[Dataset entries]
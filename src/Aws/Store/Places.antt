-- ===== src/Aws/Store/Places.antt =====
-- Which item a write changes, and when a transaction keeps a property of the tables.
use cloud_glider.Prelude.{
  &&-split, eq_refl, eq_iff, ◌≢◌, if◌then◌else◌, arith, ◌&&◌, ◌==◌, inr, ◌⊎◌, inl, String, true,
  false, List, [], ◌∷◌, ◌≡◌, refl, ◌∙◌, subst, sym,
}
use cloud_glider.Prelude.Lists.{All}
use cloud_glider.Aws.Attribute.{Item}
use cloud_glider.Aws.Dynamo.{Key, Condition, Write, condition_check}
use cloud_glider.Aws.Store.{
  permits, result_of, Bool, Store, table_of, target_of, same_place, apply, apply_all, all_permit,
  Done,
}

-- The write leaves that item alone.
abbrev pub Spares : (table : String) → Key → Write → Type 0
Spares table key op = (s : Store) → apply op s table key ≡ s table key

pub Spares-elsewhere :
    (table : String) (key : Key) (op : Write)
    → same_place (table_of op) table (target_of op) key ≡ false
    → Spares table key op
unfolding apply
Spares-elsewhere table key op h s = rw h

other_table : (t u : String) (k j : Key) → t ≢ u → same_place t u k j ≡ false
unfolding same_place
other_table t u k j h = ground (arith, eq_iff t u)

other_key :
    (t u : String) (k j : Key) → (k.pk == j.pk && k.sk == j.sk) ≡ false → same_place t u k j ≡ false
unfolding same_place
other_key t u k j h = ground arith

own_place : (t : String) (k : Key) → same_place t t k k ≡ true
unfolding same_place
own_place t k = ground (arith, eq_refl t, eq_refl k.pk, eq_refl k.sk)

-- A write leaves its result where it is aimed at.
pub apply-target :
    (op : Write) (s : Store)
    → apply op s (table_of op) (target_of op) ≡ result_of op (s (table_of op) (target_of op))
unfolding apply
apply-target op s = rw (own_place (table_of op) (target_of op))

same_either_way {ℓ} : {A : Type ℓ} (t : Bool) (a : A) → (if t then a else a) ≡ a
same_either_way true a = refl
same_either_way false a = refl

-- A check changes nothing, not even what it reads. The key's table says where else it may stand.
pub Spares-check :
    (table here : String) (key at : Key) (p : Condition)
    → Spares table key (condition_check here at p)
unfolding apply
Spares-check table here key at p s = same_either_way (same_place here table at key) (s table key)

pub Spares-table :
    (table : String) (key : Key) (op : Write) → table_of op ≢ table → Spares table key op
Spares-table table key op h = Spares-elsewhere table key op (other_table _ _ _ _ h)

pub Spares-key :
    (table : String) (key : Key) (op : Write)
    → ((target_of op).pk == key.pk && (target_of op).sk == key.sk) ≡ false
    → Spares table key op
Spares-key table key op h = Spares-elsewhere table key op (other_key _ _ _ _ h)

pub apply_all-Spares :
    (ops : List Write) (s : Store) (table : String) (key : Key)
    → All (Spares table key) ops
    → apply_all ops s table key ≡ s table key
unfolding apply_all
apply_all-Spares [] s table key h = refl
apply_all-Spares (op ∷ ops) s table key h = apply_all-Spares ops (apply op s) table key h.1 ∙ h.0 s

-- A transaction that is done keeps the property.
abbrev pub Keeps : (Store → Type 0) → List Write → Type 0
Keeps I ops = (s : Store) → I s → all_permit ops s ≡ true → I (apply_all ops s)

-- A property of one item is kept by writes that spare it.
pub Keeps-Spares :
    (table : String) (key : Key) (P : Item → Type 0) (ops : List Write)
    → All (Spares table key) ops
    → Keeps (λ s. P (s table key)) ops
Keeps-Spares table key P ops h s p e = subst P (sym (apply_all-Spares ops s table key h)) p

pub Done-Keeps :
    (I : Store → Type 0) (ops : List Write) (s t : Store) → Keeps I ops → I s → Done ops s t → I t
Done-Keeps I ops s t k p d = subst I (sym d.1) (k s p d.0)

-- After a call whose end says nothing, the transaction may be done or not.
abbrev pub Perhaps : List Write → (before after : Store) → Type 0
Perhaps ops before after = (after ≡ before) ⊎ Done ops before after

pub Perhaps-Keeps :
    (I : Store → Type 0) (ops : List Write) (s t : Store)
    → Keeps I ops
    → I s
    → Perhaps ops s t
    → I t
Perhaps-Keeps I ops s t k p (inl e) = subst I (sym e) p
Perhaps-Keeps I ops s t k p (inr d) = Done-Keeps I ops s t k p d

-- A transaction permits where each of its entries does.
pub all_permit-cons :
    (op : Write) (ops : List Write) (s : Store)
    → all_permit (op ∷ ops) s ≡ true
    → (permits op (s (table_of op) (target_of op)) ≡ true) × (all_permit ops s ≡ true)
unfolding all_permit
all_permit-cons op ops s h = &&-split _ _ h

TASK REQUIREMENTS
If a line of the data contains the string "Perhaps", count it; then give the total alone.

THE COMPLETED TASK
6